After Candler had gained a better foothold on Coca-Cola in April 1888, he nevertheless was forced to sell the beverage he produced with the recipe he had under the names "Yum Yum" and "Koke". This was while Charley Pemberton was selling the elixir, although a cruder mixture, under the name "Coca-Cola", all with his father's blessing. After both names failed to catch on for Candler, by the middle of 1888, the Atlanta pharmacist was quite anxious to establish a firmer legal claim to Coca-Cola, and hoped he could force his two competitors, Walker and Dozier, completely out of the business, as well.[25]

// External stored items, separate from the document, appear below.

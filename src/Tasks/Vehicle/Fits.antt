-- ===== src/Tasks/Vehicle/Fits.antt =====
-- The values that the tasks of ESP_AKS/src/main.cpp pass on are of the types of their fields: the manager of the CAN task,
-- the mailbox, and the ring and the sender of the radio task.
use tufan_aks.Base.{
  ℕ, zero, suc, ◌<◌, ◌≡◌, sym, subst, arith, Bool, true, false, List, [], ◌∷◌, Option, All,
  if◌then◌else◌,
}
use tufan_aks.Base.Words.{u16_mod, u32_mod}
use tufan_aks.Telemetry.Frame.{Fits}
use tufan_aks.Can.{CanManager, new_manager, send_torque_command}
use tufan_aks.Can.Update.{get_telemetry_data}
use tufan_aks.Can.Begin
use tufan_aks.Can.Receive.{Alerts, RxResult}
use tufan_aks.Can.Keep.{RxFits}
use tufan_aks.Can.Fits.{ManagerFits, process-Fits, new_manager-Fits, torque-Fits}
use tufan_aks.Tasks.Transmit.Offer.{Offer}
use tufan_aks.Tasks.Radio.Run.{Inv, SnapshotFits}
use tufan_aks.Tasks.System.{snapshot_of}
use tufan_aks.Tasks.Vehicle.Hardware.{Board}
use tufan_aks.Tasks.Vehicle.{
  Vehicle, Action, do_can_receive, do_can_publish, can_post_at, vcu_run, vcu_step_at, hmi_set_up,
  hmi_show, hmi_show_at, hmi_poll_at, can_set_up_at, can_receive_at, can_publish_at,
}
use tufan_aks.Tasks.Vehicle.Phases.{
  CanTask, VcuTask, HmiPhase, RadioTask, starting, deleted, reading, posting, publishing, peeking,
  setting, running, unset, disabled, sending, call_sink, deliver_torque,
}
use tufan_aks.Tasks.Vehicle.Recorded.{recorded_board}

abbrev pub CanFits : CanTask → Type 0
CanFits starting = Unit
CanFits deleted = Unit
CanFits (reading m) = ManagerFits m
CanFits (publishing m) = ManagerFits m
CanFits (posting n m) = ManagerFits m

calls-Fits : (ts : List ℕ) (m : CanManager) → ManagerFits m → ManagerFits (call_sink ts m)
calls-Fits [] m h = h
calls-Fits (t ∷ ts) m h = calls-Fits ts (send_torque_command t m).1 (torque-Fits t m h)

deliver-CanFits : (ts : List ℕ) (c : CanTask) → CanFits c → CanFits (deliver_torque ts c)
unfolding deliver_torque
deliver-CanFits ts starting h = tt
deliver-CanFits ts deleted h = tt
deliver-CanFits ts (reading m) h = calls-Fits ts m h
deliver-CanFits ts (publishing m) h = calls-Fits ts m h
deliver-CanFits ts (posting n m) h = calls-Fits ts m h

module _ (H : Board) where
  -- The radio task with a log keeps what its rounds rely on, if it is up.
  abbrev pub RadioFits : RadioTask (H.Lora × List Offer) → Type 0
  RadioFits (unset s) = Unit
  RadioFits (disabled s) = Unit
  RadioFits (sending boot_ms r) = Inv 1 r

  abbrev pub IsFit : Vehicle (recorded_board H) → Type 0
  IsFit v = CanFits v.can × SnapshotFits (H.mailbox.peek v.box) × RadioFits v.radio

  -- What the driver delivers are bytes, and what the task adds to a snapshot is of the types of the fields.
  abbrev pub ActionFits : Action (recorded_board H) → Type 0
  ActionFits (do_can_receive now later alerts q) = All RxFits q
  ActionFits (do_can_publish speed now_ms) = speed < u16_mod × now_ms < u32_mod
  ActionFits _ = Unit

  begin-Fits :
      (created : Bool) (m : CanManager) (bus : H.Bus)
      → ManagerFits m
      → ManagerFits (Begin.begin H.bus created m bus).1
  unfolding Begin.begin
  begin-Fits created m bus h = ground arith

  pub set_up-IsFit :
      (c : CanTask) (created : Bool) (v : Vehicle (recorded_board H))
      → IsFit v
      → IsFit (can_set_up_at (recorded_board H) c created v)
  unfolding can_set_up_at
  set_up-IsFit starting created v (h, b, r) = (
    by_answer (Begin.begin H.bus created new v.can_bus).0 _
        (begin-Fits created new v.can_bus new_manager-Fits),
    b,
    r,
  )
    where
      new : CanManager
      new = record new_manager { event_callback = true }

      by_answer :
          (ok : Bool) (m : CanManager) → ManagerFits m → CanFits (if ok then reading m else deleted)
      by_answer true m h = h
      by_answer false m h = tt
  set_up-IsFit deleted created v h = h
  set_up-IsFit (reading m) created v h = h
  set_up-IsFit (publishing m) created v h = h
  set_up-IsFit (posting n m) created v h = h

  pub receive-IsFit :
      (c : CanTask) (now later : ℕ) (alerts : Option Alerts) (q : List RxResult)
      (v : Vehicle (recorded_board H))
      → All RxFits q
      → CanFits c
      → IsFit v
      → IsFit (can_receive_at (recorded_board H) c now later alerts q v)
  unfolding can_receive_at
  receive-IsFit (reading m) now later alerts q v a g (h, b, r) =
      (process-Fits H.ms_to_ticks now later alerts q m a g, b, r)
  receive-IsFit starting now later alerts q v a g h = h
  receive-IsFit deleted now later alerts q v a g h = h
  receive-IsFit (publishing m) now later alerts q v a g h = h
  receive-IsFit (posting n m) now later alerts q v a g h = h

  pub post-IsFit :
      (c : CanTask) (v : Vehicle (recorded_board H))
      → CanFits c
      → IsFit v
      → IsFit (can_post_at (recorded_board H) c v)
  unfolding can_post_at
  post-IsFit (posting zero m) v g (h, b, r) = (g, b, r)
  post-IsFit (posting (suc n) m) v g (h, b, r) = (g, b, r)
  post-IsFit starting v g h = h
  post-IsFit deleted v g h = h
  post-IsFit (reading m) v g h = h
  post-IsFit (publishing m) v g h = h

  snapshot-Fits :
      (speed now_ms : ℕ) (m : CanManager)
      → speed < u16_mod
      → now_ms < u32_mod
      → ManagerFits m
      → Fits (snapshot_of speed now_ms m)
  unfolding snapshot_of get_telemetry_data
  snapshot-Fits speed now_ms m s t h = ground arith

  pub publish-IsFit :
      (c : CanTask) (speed now_ms : ℕ) (v : Vehicle (recorded_board H))
      → speed < u16_mod
      → now_ms < u32_mod
      → CanFits c
      → IsFit v
      → IsFit (can_publish_at (recorded_board H) c speed now_ms v)
  unfolding can_publish_at
  publish-IsFit (publishing m) speed now_ms v s t g (h, b, r) = (
    g,
    subst SnapshotFits (sym (H.mailbox.peek-overwrite (snapshot_of speed now_ms m) v.box))
        (snapshot-Fits speed now_ms m s t g),
    r,
  )
  publish-IsFit starting speed now_ms v s t g h = h
  publish-IsFit deleted speed now_ms v s t g h = h
  publish-IsFit (reading m) speed now_ms v s t g h = h
  publish-IsFit (posting n m) speed now_ms v s t g h = h

  pub vcu-IsFit :
      (t : VcuTask) (v : Vehicle (recorded_board H))
      → IsFit v
      → IsFit (vcu_step_at (recorded_board H) t v)
  unfolding vcu_step_at vcu_run
  vcu-IsFit peeking v h = h
  vcu-IsFit (setting d) v h = h
  vcu-IsFit running v (h, b, r) = (deliver-CanFits _ v.can h, b, r)

  -- The display task touches none of these.
  pub Apart : Vehicle (recorded_board H) → Vehicle (recorded_board H) → Type 0
  Apart v w = (w.can ≡ v.can) × (w.box ≡ v.box) × (w.radio ≡ v.radio)

  pub Apart-IsFit : (v w : Vehicle (recorded_board H)) → Apart v w → IsFit v → IsFit w
  unfolding Apart
  Apart-IsFit v w (c, b, r) (h, k, l) = (
    subst CanFits (sym c) h,
    subst (λ x. SnapshotFits (H.mailbox.peek x)) (sym b) k,
    subst RadioFits (sym r) l,
  )

  pub hmi_set_up-Apart :
      (a b c : Bool) (late : List ℕ) (v : Vehicle (recorded_board H))
      → Apart v (hmi_set_up (recorded_board H) a b c late v)
  unfolding hmi_set_up Apart
  hmi_set_up-Apart a b c late v = (ground arith, ground arith, ground arith)

  pub hmi_show-Apart :
      (speed rpm now : ℕ) (v : Vehicle (recorded_board H))
      → Apart v (hmi_show (recorded_board H) speed rpm now v)
  unfolding hmi_show hmi_show_at Apart
  hmi_show-Apart speed rpm now v = (ground arith, ground arith, ground arith)

  pub hmi_poll-Apart :
      (p : HmiPhase) (arrived : List ℕ) (v : Vehicle (recorded_board H))
      → Apart v (hmi_poll_at (recorded_board H) p arrived v)
  unfolding hmi_poll_at Apart
  hmi_poll-Apart p arrived v = (ground arith, ground arith, ground arith)
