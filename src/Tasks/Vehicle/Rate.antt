-- ===== src/Tasks/Vehicle/Rate.antt =====
-- From the bus to the radio under every order of the tasks' steps of ESP_AKS/src/main.cpp: what the frames on the bus can
-- make the radio task offer to its UART.
use tufan_aks.Base.{
  ◌≡◌, refl, sym, subst, arith, Bool, true, false, List, [], ◌∷◌, Option, none, some, All,
  bind-some,
}
use tufan_aks.Vcu.{Machine}
use tufan_aks.Buffer.Refine.{new_ring-IsRing}
use tufan_aks.Telemetry
use mathlib.Core.Option.{some-injective}
use tufan_aks.Display.{Display}
use tufan_aks.Lora.{configure_e22}
use tufan_aks.Lora.Init.{begin_uart}
use tufan_aks.Tasks.Transmit.Offer.{Offer}
use tufan_aks.Tasks.Radio.{Round}
use tufan_aks.Tasks.Radio.Run.{SnapshotFits, WithinRate, round-Steps}
use tufan_aks.Tasks.Vehicle.Hardware.{Board}
use tufan_aks.Tasks.Vehicle.{
  Vehicle, Action, do_can_set_up, do_can_receive, do_can_post, do_can_publish, do_vcu,
  do_hmi_set_up, do_hmi_show, do_hmi_poll, do_radio, step, steps, started, can_set_up, can_receive,
  can_post, can_publish, vcu_step, hmi_poll, radio_step, radio_step_at,
}
use tufan_aks.Tasks.Vehicle.Phases.{
  RadioTask, unset, disabled, sending, new_scheduler, radio_start, radio_ready, radio_set_up,
}
use tufan_aks.Tasks.Vehicle.Recorded.{recorded_board}
use tufan_aks.Tasks.Vehicle.Fits.{
  RadioFits, IsFit, ActionFits, set_up-IsFit, receive-IsFit, post-IsFit, publish-IsFit, vcu-IsFit,
  Apart-IsFit, hmi_set_up-Apart, hmi_show-Apart, hmi_poll-Apart,
}

module _ (H : Board) where
  start-RadioFits : (s : H.Lora × List Offer) → RadioFits H (radio_start (recorded_board H) s)
  unfolding radio_start new_scheduler Telemetry.begin
  start-RadioFits s = (new_ring-IsRing, tt, (refl, omega arith), refl)

  ready-RadioFits :
      (ok : Bool) (s : H.Lora × List Offer) (t : RadioTask (H.Lora × List Offer))
      → radio_ready (recorded_board H) ok s ≡ some t
      → RadioFits H t
  unfolding radio_ready
  ready-RadioFits false s t e = subst (RadioFits H) (some-injective (disabled s) t e) tt
  ready-RadioFits true s t e =
      let (a, _, h) =
        bind-some (configure_e22 (recorded_board H).lora_hal s)
          (λ c. some (radio_start (recorded_board H) c)) t e in
      subst (RadioFits H) (some-injective (radio_start (recorded_board H) a) t h)
        (start-RadioFits a)

  set_up-RadioFits :
      (s : H.Lora × List Offer) (t : RadioTask (H.Lora × List Offer))
      → radio_set_up (recorded_board H) s ≡ some t
      → RadioFits H t
  unfolding radio_set_up
  set_up-RadioFits s t e =
      let (a, _, h) =
        bind-some (begin_uart (recorded_board H).lora_uart s)
          (λ r. radio_ready (recorded_board H) (r.0) (r.1)) t e in
      ready-RadioFits (a.0) (a.1) t h

  -- A round of the radio, as far as it is up, offers at most 216 bytes: a replayed packet and the live one.
  abbrev pub RadioRate : RadioTask (H.Lora × List Offer) → RadioTask (H.Lora × List Offer) → Type 0
  RadioRate (sending b r) (sending b' r') = WithinRate 1 r r'
  RadioRate _ _ = Unit

  answered :
      (o : Option (RadioTask (H.Lora × List Offer))) (v : Vehicle (recorded_board H))
      → ((t : RadioTask (H.Lora × List Offer)) → o ≡ some t → RadioFits H t)
      → IsFit H v
      → IsFit H (elim o [ none ↦ v | some r ↦ record v { radio = r } ])
  answered none v k h = h
  answered (some t) v k (h, b, r) = (h, b, k t refl)

  radio_at-IsFit :
      (t : RadioTask (H.Lora × List Offer)) (i : Round) (v : Vehicle (recorded_board H))
      → RadioFits H t
      → v.radio ≡ t
      → IsFit H v
      → IsFit H (radio_step_at (recorded_board H) t i v)
        × RadioRate t (radio_step_at (recorded_board H) t i v).radio
  unfolding radio_step_at
  radio_at-IsFit (unset s) i v g e h =
      (answered (radio_set_up (recorded_board H) s) v (set_up-RadioFits s) h, tt)
  radio_at-IsFit (disabled s) i v g e h = (h, tt)
  radio_at-IsFit (sending boot_ms r) i v g e (h, b, _) =
      let n : Round = record i { snapshot = H.mailbox.peek v.box } in
      let p = round-Steps H.lora_port boot_ms (H.ms_to_ticks 500) 1 n r g b in ((h, b, p.0), p.1)

  pub step-IsFit :
      (a : Action (recorded_board H)) (v : Vehicle (recorded_board H))
      → ActionFits H a
      → IsFit H v
      → IsFit H (step (recorded_board H) a v)
  unfolding step can_set_up can_receive can_post can_publish vcu_step hmi_poll radio_step
  step-IsFit (do_can_set_up created) v f h = set_up-IsFit H v.can created v h
  step-IsFit (do_can_receive now later alerts q) v f h =
      receive-IsFit H v.can now later alerts q v f (h.0) h
  step-IsFit do_can_post v f h = post-IsFit H v.can v (h.0) h
  step-IsFit (do_can_publish speed now_ms) v (s, t) h =
      publish-IsFit H v.can speed now_ms v s t (h.0) h
  step-IsFit do_vcu v f h = vcu-IsFit H v.vcu_task v h
  step-IsFit (do_hmi_set_up a b c late) v f h =
      Apart-IsFit H v _ (hmi_set_up-Apart H a b c late v) h
  step-IsFit (do_hmi_show speed rpm now) v f h =
      Apart-IsFit H v _ (hmi_show-Apart H speed rpm now v) h
  step-IsFit (do_hmi_poll arrived) v f h =
      Apart-IsFit H v _ (hmi_poll-Apart H v.hmi.phase arrived v) h
  step-IsFit (do_radio i) v f h = (radio_at-IsFit v.radio i v (h.2) refl h).0

  pub steps-IsFit :
      (acts : List (Action (recorded_board H))) (v : Vehicle (recorded_board H))
      → All (ActionFits H) acts
      → IsFit H v
      → IsFit H (steps (recorded_board H) acts v)
  unfolding steps
  steps-IsFit [] v f h = h
  steps-IsFit (a ∷ rest) v (f, fs) h =
      steps-IsFit rest (step (recorded_board H) a v) fs (step-IsFit a v f h)

  -- What arrives on the bus cannot flood the radio. From the start of the tasks with the mailbox empty, after any steps of the
  -- four tasks in any order, if the frames' bytes are bytes and the speed and the time of the published snapshots
  -- are of 16 and 32 bits: a further round of the radio task, whatever it receives and whatever the hardware
  -- answers, offers to the UART at most 108 bytes for each of two packets.
  pub vehicle-rate :
      (machine : Machine H.relays H.events) (bus : H.Bus) (box : H.mailbox.Box)
      (lora : H.Lora × List Offer) (display : Display) (acts : List (Action (recorded_board H)))
      (i : Round)
      → H.mailbox.peek box ≡ none
      → All (ActionFits H) acts
      → let v =
          steps (recorded_board H) acts (started (recorded_board H) bus box lora display machine) in
        RadioRate v.radio (step (recorded_board H) (do_radio i) v).radio
  unfolding step started radio_step
  vehicle-rate machine bus box lora display acts i e f =
      let v0 = started (recorded_board H) bus box lora display machine in
      let v = steps (recorded_board H) acts v0 in
      let h = steps-IsFit acts v0 f (tt, subst SnapshotFits (sym e) tt, tt) in
      (radio_at-IsFit v.radio i v (h.2) refl h).1
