-- ===== src/Lib.antt =====
-- Gust: a port forwarder for TCP and UDP, with SOCKS5 chains and a kernel NAT mode.
--
-- A run reads the command line (src/cli.rs) into raw flags, and builds the validated configuration
-- from them (src/config.rs), where every `-L` and `-F` value is a node string (src/node.rs). In
-- userspace mode each listener runs under its supervisor (src/supervisor.rs), which keeps its
-- counters (src/stats.rs). A TCP connection is dialed directly or through SOCKS5 hops (src/chain.rs,
-- src/socks5.rs) with the options of src/netopt.rs, and copied (src/relay.rs); a UDP client has a
-- session with a socket of its own (src/forward/udp.rs). All stop at one signal (src/runtime.rs). In
-- kernel mode (src/nat/linux.rs) the listeners become DNAT rules of an nftables ruleset
-- (src/nat/nftables.rs), which are removed at the end.
--
-- Which file models which part:
--   Prelude, Text: numbers, lists, results, and the operations of `str` on a text as its list of code
--     points; Text.Number has `str::parse` and the decimal print, Text.Utf8 the encoding and
--     `from_utf8_lossy`.
--   Net: `str::parse` into `Ipv4Addr` and `Ipv6Addr`.
--   Node: src/node.rs (`parse_node`, `parse_host_port`, `Node::targets`, ...), Node.Percent its
--     `decode`. `parse_node` is cut into `parse_trimmed`, `parse_rest` and `build_node`, which follow
--     each other in the source's body. The query's map is an association list with distinct keys.
--     Node.Print is an independent description of the format: the printer, and the nodes that it can
--     express.
--   Socks5: src/socks5.rs, over Socks5.Stream, a stream of the bytes that come in, those that were
--     sent, and how many more the peer takes. Socks5.Transcript describes a handshake independently,
--     as the bytes of both sides.
--   Chain: src/chain.rs. `dial_tcp`, which `tcp_stream` of Runtime takes from Netopt.Dial, and the
--     time-outs are parameters.
--   Netopt: src/netopt.rs. Netopt.Calls is what is asked of the kernel, whose answers are a
--     parameter, and Netopt.Dial has `tune_accepted`, `dial_one` and `dial_tcp`, with
--     `bind_connected` and `new_session` of src/forward/udp.rs.
--   Cli: `parse_args` and `parse_bool` of src/cli.rs. Cli.Print has the command line that asks for
--     given flags.
--   Config: src/config.rs. `build_config` is cut into one definition for each loop and check.
--   Stats: src/stats.rs. The atomics are numbers below 2^64 that wrap around.
--   Supervisor: `supervise` of src/supervisor.rs with the constants of src/constants.rs. A round of the
--     loop is a record of what it meets, and the result holds the waits that were begun.
--   Runtime: src/runtime.rs. The `watch` channel is the record `Watch` of what tokio documents.
--     Runtime.Signal lets the calls of `cancelled` and `trigger` happen in any order, and
--     Runtime.Dials follows a dial from the configuration on.
--   Relay: src/relay.rs. The two streams are the records `Reader` and `Writer`.
--   Forward: `pick_target` of src/forward/tcp.rs; the one of src/forward/udp.rs does the same.
--     Forward.Tcp is the accept loop with the tasks of its connections, over a list of events.
--     Forward.Udp is the receive loop with the sessions and their reverse tasks, as a step relation
--     with a clock; the numbers of the sockets and the datagrams that passed are kept beside.
--     Forward.Udp.Table is the abstract table of sessions that it keeps.
--   Nat: src/nat/linux.rs, Nat.Nftables the text of the ruleset of src/nat/nftables.rs. `nft`, the
--     resolver, the print of an address and the file of `ip_forward` are parameters; what `nft` is
--     relied on for is the record `Nft`, and the system counts the warnings of `delete_table`.
--     Nat.Commands has the calls of the `nft` program and `cleanup_main` of src/nat/mod.rs; they
--     give what `Nft` asks for (Nat.Commands.Implements). Nat.Rights is `has_net_admin`, and
--     Nat.Status the counters of src/nat/status.rs over JSON values that are a parameter.
--   App: `main` of src/main.rs and `run` of src/app.rs. A run in userspace mode is what it has
--     launched when it begins to wait for the shutdown: the context, the registry, the services.
--   Tests: runs at concrete inputs, and the theorems there.
--
-- `usize` has 64 bits. The fuel is that of the loop of `parse_args` (the number of the arguments), of
-- the decimal print of n (n + 1 digits), and of a copy (one more than the bytes of the stream); each
-- is proved to be enough. An error carries the values that its message shows, and not always the
-- message.
--
-- Not modelled: the signal handlers and the logging (src/signals.rs, src/logging.rs), which are
-- calls of the runtime in sequence; that `transport` drops a copy in the middle of a write; the
-- timers of the heartbeats, and the wait for the tasks at the end (src/app.rs); the help text, which
-- is constant.
mod Prelude
pub mod Text
pub mod Net
pub mod Node
pub mod Netopt
pub mod Socks5
pub mod Cli
pub mod Config
pub mod Stats
pub mod Supervisor
pub mod Chain
pub mod Nat
pub mod Forward
pub mod Runtime
pub mod Relay
pub mod App
mod Tests
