-- ===== src/Text.antt =====
-- The operations of `str` that the program uses, over a text as its list of code points. A slice
-- `s[..i]`, `s[i + 1..]` at the `i` of a `find` is the pair of texts round the character found.
pub mod Cut
pub mod Trim
pub mod Number
pub mod Utf8
use Prim.Native.Char.{code}
use Prim.Native.String.{String}
use gust.Prelude.{
  ℕ, ◌+◌, Bool, true, false, ◌||◌, List, [], ◌∷◌, ◌++◌, Option, none, some, between, ◌==◌,
  if◌then◌else◌,
}

abbrev pub Text : Type 0
Text = List ℕ

abbrev pub codes : String → Text
codes String.[] = []
codes (String.◌∷◌ c s) = code c ∷ codes s

-- puts a character before the first half
abbrev pub before : ℕ → Option (Text × Text) → Option (Text × Text)
before x none = none
before x (some (a, b)) = some (x ∷ a, b)

-- `s.find(c)`
unfoldable pub cut : ℕ → Text → Option (Text × Text)
cut c [] = none
cut c (x ∷ s) = if x == c then some ([], s) else before x (cut c s)

-- what `s.rfind(c)` gives at a character with the rest behind it
abbrev pub rcut_step : ℕ → ℕ → Text → Option (Text × Text) → Option (Text × Text)
rcut_step c x s none = if x == c then some ([], s) else none
rcut_step c x s (some (a, b)) = some (x ∷ a, b)

-- `s.rfind(c)`
unfoldable pub rcut : ℕ → Text → Option (Text × Text)
rcut c [] = none
rcut c (x ∷ s) = rcut_step c x s (rcut c s)

abbrev pub on_first : ℕ → Text × Text → Text × Text
on_first x (a, b) = (x ∷ a, b)

-- `s.find(p).unwrap_or(s.len())`, with the slices before it and from it on
unfoldable pub span_until : (ℕ → Bool) → Text → Text × Text
span_until p [] = ([], [])
span_until p (x ∷ s) = if p x then ([], x ∷ s) else on_first x (span_until p s)

-- `s.strip_prefix(pre)`
unfoldable pub strip_prefix : Text → Text → Option Text
strip_prefix [] s = some s
strip_prefix (c ∷ pre) [] = none
strip_prefix (c ∷ pre) (x ∷ s) = if x == c then strip_prefix pre s else none

-- `s.find(pat)` for a pattern of several characters
unfoldable pub cut_text : Text → Text → Option (Text × Text)
cut_text pat [] = elim (strip_prefix pat []) [ some rest ↦ some ([], rest) | none ↦ none ]
cut_text pat (x ∷ s) = elim (strip_prefix pat (x ∷ s)) [
  | some rest ↦ some ([], rest)
  | none ↦ before x (cut_text pat s)
]

abbrev pub onto_head : ℕ → List Text → List Text
onto_head x [] = (x ∷ []) ∷ []
onto_head x (p ∷ ps) = (x ∷ p) ∷ ps

-- `s.split(c)`: always at least one part
unfoldable pub split : ℕ → Text → List Text
split c [] = [] ∷ []
split c (x ∷ s) = if x == c then [] ∷ split c s else onto_head x (split c s)

-- `s.contains(c)`
unfoldable pub contains : ℕ → Text → Bool
contains c [] = false
contains c (x ∷ s) = x == c || contains c s

abbrev pub lower_char : ℕ → ℕ
lower_char c = if between b'A' b'Z' c then c + 32 else c

-- `s.to_ascii_lowercase()`
unfoldable pub to_ascii_lowercase : Text → Text
to_ascii_lowercase [] = []
to_ascii_lowercase (x ∷ s) = lower_char x ∷ to_ascii_lowercase s

-- `char::is_whitespace`: the code points with the property White_Space
unfoldable pub is_whitespace : ℕ → Bool
is_whitespace c =
    between 9 13 c
    || c == 0x20
    || c == 0x85
    || c == 0xa0
    || c == 0x1680
    || between 0x2000 0x200a c
    || between 0x2028 0x2029 c
    || c == 0x202f
    || c == 0x205f
    || c == 0x3000

-- `s.trim_start_matches(p)`
unfoldable pub trim_start_matches : (ℕ → Bool) → Text → Text
trim_start_matches p [] = []
trim_start_matches p (x ∷ s) = let rest = trim_start_matches p s in if p x then rest else x ∷ s

abbrev pub trim_end_step : (ℕ → Bool) → ℕ → Text → Text
trim_end_step p x [] = if p x then [] else x ∷ []
trim_end_step p x (y ∷ r) = x ∷ y ∷ r

-- `s.trim_end_matches(p)`
unfoldable pub trim_end_matches : (ℕ → Bool) → Text → Text
trim_end_matches p [] = []
trim_end_matches p (x ∷ s) = trim_end_step p x (trim_end_matches p s)

-- `s.trim_matches(p)`
unfoldable pub trim_matches : (ℕ → Bool) → Text → Text
unfolding trim_start_matches trim_end_matches
trim_matches p s = trim_end_matches p (trim_start_matches p s)

-- `s.trim()`
unfoldable pub trim : Text → Text
unfolding trim_matches is_whitespace
trim s = trim_matches is_whitespace s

John Pemberton died suddenly on August 16, 1888. Asa Candler then decided to move swiftly forward to attain full control of the entire Coca-Cola operation.

Charley Pemberton, an alcoholic and opium addict, unnerved Asa Candler more than anyone else. Candler is said to have quickly maneuvered to purchase the exclusive rights to the name "Coca-Cola" from Pemberton's son Charley immediately after he learned of Dr. Pemberton's death. One of several stories states that Candler approached Charley's mother at John Pemberton's funeral and offered her $300 in cash for the title to the name.

In Charles Howard Candler's 1950 book about his father, he stated: "On August 30 [1888], he [Asa Candler] became the sole proprietor of Coca-Cola, a fact which was stated on letterheads, invoice blanks and advertising copy."[24]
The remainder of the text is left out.